My book states, without a proof, that
If $q(X)$ is reducible in $\mathbb Z[X]$, then it's reducible in $\mathbb Z_p[X]$ for every prime $p$.
The contrapositive of the above result is more useful: if one finds a prime $p$ such that $q(X)$ is irreducible in $\mathbb Z_p[X]$, then it's irreducible in $\mathbb Z[X]$.
I was wondering how one might prove the result, but then read this question: Irreducible polynomial which is reducible modulo every prime, which seems to be in contrast with the above statement. How is that possible?
The following implication is true (as you mention): $$q(X) \in \Bbb Z[X] \text{ monic reducible } \implies \bar q(X) \in \Bbb Z/p\Bbb Z[X] \text{ reducible for all prime } p$$ The contrapositive of this implication is: $$\bar q(X) \in \Bbb Z/p\Bbb Z[X] \text{ irreducible for some prime } p \implies q(X) \in \Bbb Z[X] \text{ irreducible (or non monic) }$$
However, the implication $$q(X) \in \Bbb Z[X] \text{ irreducible monic } \implies \bar q(X) \in \Bbb Z/p\Bbb Z[X] \text{ irreducible for some prime } p$$
is the converse of the first implication, which doesn't hold in general (as you provide a link to give a counter-example).

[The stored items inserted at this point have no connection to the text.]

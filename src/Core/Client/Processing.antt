-- ===== src/Core/Client/Processing.antt =====
-- packages/ghost-ledger/src/core/client.ts: `processSynchronizedQueue`, cut at its awaits. Left out
-- are the proof that a replayed request is given, and the context it is detected to need.
use vesper_platform.Base.{
  String, Bool, true, false, ◌||◌, not, none, some, List, [], ◌∷◌, if◌then◌else◌, Bytes,
}
use vesper_platform.Binary.Wire.{null, range_error, received, deserialize_adapter_request}
use vesper_platform.Ledger.Fallback.{Host}
use vesper_platform.Ledger.Queue.{
  passed, ledger_locked, ledger_compromised, dequeue, get_execution_order, get_payload,
  verify_ledger_integrity, suspend_and_freeze_ledger,
}
use vesper_platform.Core.Client.{
  integrity_breach, zeroized_before_replay, unreadable, adapter_error, resolved, rejected, Reply,
  answer, failure, integrity_breached, Started, refused, already_running, started, Pending, resting,
  shaking_hands, replaying, waiting, ClientConfig, ClientCore, pending_of, delete_pending, settle,
  observe, is_compromised, finish_replay, purge_all,
}

module _ {Signer Resolver Answer : Type 0} (host : Host)
    (config : ClientConfig Signer Resolver) where
  -- processSynchronizedQueue, up to the handshake: whether the replay goes on.
  unfoldable pub begin_replay :
      ClientCore Signer Resolver Answer → Started × ClientCore Signer Resolver Answer
  begin_replay c =
      if is_compromised c
      then (refused, c)
      else if c.is_processing_queue
      then (already_running, c)
      else (started, record c { is_processing_queue = true; replay = shaking_hands })

  -- From the handshake's answer to the order of execution.
  unfoldable pub after_handshake :
      Bool → ClientCore Signer Resolver Answer → ClientCore Signer Resolver Answer
  after_handshake legitimate c =
      let v = verify_ledger_integrity host c.queue in
      if not legitimate
      then record (purge_all host c) { is_processing_queue = false; replay = resting }
      else if not v.0 || v.1.client.is_integrity_compromised
      then observe integrity_breached (record c {
        queue = suspend_and_freeze_ledger v.1;
        is_processing_queue = false;
        replay = resting;
      })
      else record c { queue = v.1; replay = replaying (get_execution_order v.1) }

  -- A block whose request nobody waits for, or that cannot be sent, is dropped. An error of
  -- `dequeue` ends the replay.
  unfoldable pub drop_unowned :
      String → List String → ClientCore Signer Resolver Answer → ClientCore Signer Resolver Answer
  drop_unowned id rest c = elim (dequeue host id c.queue) [
    | passed q ↦ record c {
      queue = q;
      pending = delete_pending id c.pending;
      replay = replaying rest;
    }
    | ledger_locked ↦ record c { is_processing_queue = false; replay = resting }
    | ledger_compromised ↦ record c { is_processing_queue = false; replay = resting }
  ]

  -- A request whose block was zeroed: its promise is rejected, its block dropped.
  unfoldable pub drop_zeroized :
      String
      → Pending Signer Resolver
      → List String
      → ClientCore Signer Resolver Answer
      → ClientCore Signer Resolver Answer
  drop_zeroized id p rest c =
      let told =
        settle p.promise (rejected zeroized_before_replay)
          (record c { pending = delete_pending id c.pending }) in
      elim (dequeue host id told.queue) [
        | passed q ↦ record told { queue = q; replay = replaying rest }
        | ledger_locked ↦ finish_replay told
        | ledger_compromised ↦ finish_replay told
      ]

  -- A request with its owner: it is dispatched, and the replay waits for its answer.
  unfoldable pub dispatch_owned :
      String
      → Bytes
      → Pending Signer Resolver
      → List String
      → ClientCore Signer Resolver Answer
      → ClientCore Signer Resolver Answer
  dispatch_owned id payload p rest c = elim (deserialize_adapter_request payload) [
    | null ↦ drop_zeroized id p rest c
    | range_error ↦ finish_replay (settle p.promise (rejected unreadable) c)
    | received r ↦ record c { replay = waiting id p rest }
  ]

  unfoldable pub replay_id :
      String → List String → ClientCore Signer Resolver Answer → ClientCore Signer Resolver Answer
  replay_id id rest c = elim (get_payload id c.queue) [
    | none ↦ record c { replay = replaying rest }
    | some payload ↦ elim (pending_of id c.pending) [
      | none ↦ drop_unowned id rest c
      | some p ↦
          if config.has_adapter then dispatch_owned id payload p rest c else drop_unowned id rest c
    ]
  ]

  -- One round of the loop of the replay, up to the dispatch of a request.
  unfoldable pub replay_next : ClientCore Signer Resolver Answer → ClientCore Signer Resolver Answer
  replay_next c = elim c.replay [
    | resting ↦ c
    | shaking_hands ↦ c
    | replaying ids ↦ elim ids [ [] ↦ finish_replay c | id ∷ rest ↦ replay_id id rest c ]
    | waiting id p rest ↦ c
  ]

  -- The rest of the round: an answer resolves the promise, an error ends the replay with the
  -- block still in the queue.
  unfoldable pub replay_answer :
      String
      → Pending Signer Resolver
      → List String
      → Reply Answer
      → ClientCore Signer Resolver Answer
      → ClientCore Signer Resolver Answer
  replay_answer id p rest (answer a) c = elim (dequeue host id c.queue) [
    | passed q ↦
        settle p.promise (resolved a)
          (record c { queue = q; pending = delete_pending id c.pending; replay = replaying rest })
    | ledger_locked ↦ finish_replay (settle p.promise (rejected integrity_breach) c)
    | ledger_compromised ↦ finish_replay (settle p.promise (rejected integrity_breach) c)
  ]
  replay_answer id p rest (failure e) c =
      finish_replay (settle p.promise (rejected (adapter_error e)) c)

  unfoldable pub replay_reply :
      Reply Answer → ClientCore Signer Resolver Answer → ClientCore Signer Resolver Answer
  replay_reply reply c = elim c.replay [
    | resting ↦ c
    | shaking_hands ↦ c
    | replaying ids ↦ c
    | waiting id p rest ↦ replay_answer id p rest reply c
  ]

The first implication can be proven as follows: if you assume $q= fg$ with $f,g \in \Bbb Z[X] \setminus \{±1\}$, then $\bar q = \bar f \bar g \in \Bbb Z/p\Bbb Z[X]$. If you suppose that the dominant coefficient of $q$ is not a multiple of $p$ (e.g. $q$ monic), then both $\bar f$ and $\bar g$ have positive degree, hence $\bar q $ is reducible.
More generally, if $A$ is a UFD, $a \in A$ is an element, $f \in A[X]$ is a polynomial with content $1$ and with dominant coefficient invertible in $A/(a)$, then the irreducibility of $\bar f$ in $A/(a)[X]$ gives the irreducibility of $f$ in $A[X]$. [Berhuy, theorem IV.2.3].